■ Task: Below are the records; locate each line with the word "List" and copy it.

━━━━━━━━━━━━━━━━━━━━━━━━━━━━━━

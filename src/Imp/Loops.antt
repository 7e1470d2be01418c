-- ===== src/Imp/Loops.antt =====
-- imp.rs: what every round of a loop over the trees keeps, the loop keeps.
use block_rust.Base.{Option, none, some, List, [], ◌∷◌, Error, Outcome, ok, err, panic}
use block_rust.Base.Exec.{Exec, continue, ◌>>=◌}
use block_rust.Db.{Name}
use block_rust.Imp.{attempt, each, each_attempt, ready_trees}

-- Whatever a method returns, it leaves a state with the property.
abbrev pub Keeps {ℓ} : {S A : Type 0} → (S → Type ℓ) → Exec S A → Type ℓ
Keeps P m = (s : _) → P s → P (m s).1

module _ {ℓ} {S : Type 0} (P : S → Type ℓ) where
  continue-Keeps :
      {A B : Type 0} (r : Outcome A) (next : A → Exec S B)
      → ((a : A) → Keeps P (next a))
      → Keeps P (continue r next)
  continue-Keeps (ok a) next k s h = k a s h
  continue-Keeps (err e) next k s h = h
  continue-Keeps panic next k s h = h

  pub bind-Keeps :
      {A B : Type 0} (m : Exec S A) (next : A → Exec S B)
      → Keeps P m
      → ((a : A) → Keeps P (next a))
      → Keeps P (m >>= next)
  bind-Keeps m next h k s p = continue-Keeps (m s).0 next k (m s).1 (h s p)

  attempt-Keeps : (m : Exec S (Unit {0})) → Keeps P m → Keeps P (attempt m)
  attempt-Keeps m h s p = go (m s).0 (m s).1 (h s p)
    where
      go :
          (r : Outcome (Unit {0})) (t : S)
          → P t
          → P
              (elim r as (λ x. Outcome (Option Error) × S) [
                | ok u ↦ (ok none, t)
                | err e ↦ (ok (some e), t)
                | panic ↦ (panic, t)
              ]).1
      go (ok u) t p = p
      go (err e) t p = p
      go panic t p = p

  pub each-Keeps :
      (body : Name → Exec S (Unit {0})) (trees : List Name)
      → ((tree : Name) → Keeps P (body tree))
      → Keeps P (each body trees)
  unfolding each
  each-Keeps body [] h s p = p
  each-Keeps body (tree ∷ trees) h s p =
      bind-Keeps (body tree) (λ u. each body trees) (h tree) (λ u. each-Keeps body trees h) s p

  pub each_attempt-Keeps :
      (body : Name → Exec S (Unit {0})) (trees : List Name)
      → ((tree : Name) → Keeps P (body tree))
      → Keeps P (each_attempt body trees)
  unfolding each_attempt
  each_attempt-Keeps body [] h s p = p
  each_attempt-Keeps body (tree ∷ trees) h s p =
      bind-Keeps (attempt (body tree)) (λ e. each_attempt body trees)
        (attempt-Keeps (body tree) (h tree)) (λ e. each_attempt-Keeps body trees h) s p

  pub ready_trees-Keeps :
      (ready abort : Name → Exec S (Unit {0})) (error : Option Error) (trees : List Name)
      → ((tree : Name) → Keeps P (ready tree))
      → ((tree : Name) → Keeps P (abort tree))
      → Keeps P (ready_trees ready abort error trees)
  unfolding ready_trees
  ready_trees-Keeps ready abort error [] h k s p = p
  ready_trees-Keeps ready abort none (tree ∷ trees) h k s p =
      bind-Keeps (attempt (ready tree)) (λ e. ready_trees ready abort e trees)
        (attempt-Keeps (ready tree) (h tree)) (λ e. ready_trees-Keeps ready abort e trees h k) s p
  ready_trees-Keeps ready abort (some e) (tree ∷ trees) h k s p =
      bind-Keeps (attempt (abort tree)) (λ r. ready_trees ready abort (some e) trees)
        (attempt-Keeps (abort tree) (k tree))
        (λ r. ready_trees-Keeps ready abort (some e) trees h k) s p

━━━━━━━━━━━━━━━━━━━━━━━━━━━━━━

■ Result of the exercise:
use block_rust.Base.{Option, none, some, List, [], ◌∷◌, Error, Outcome, ok, err, panic}
      (body : Name → Exec S (Unit {0})) (trees : List Name)
      (body : Name → Exec S (Unit {0})) (trees : List Name)
      (ready abort : Name → Exec S (Unit {0})) (error : Option Error) (trees : List Name)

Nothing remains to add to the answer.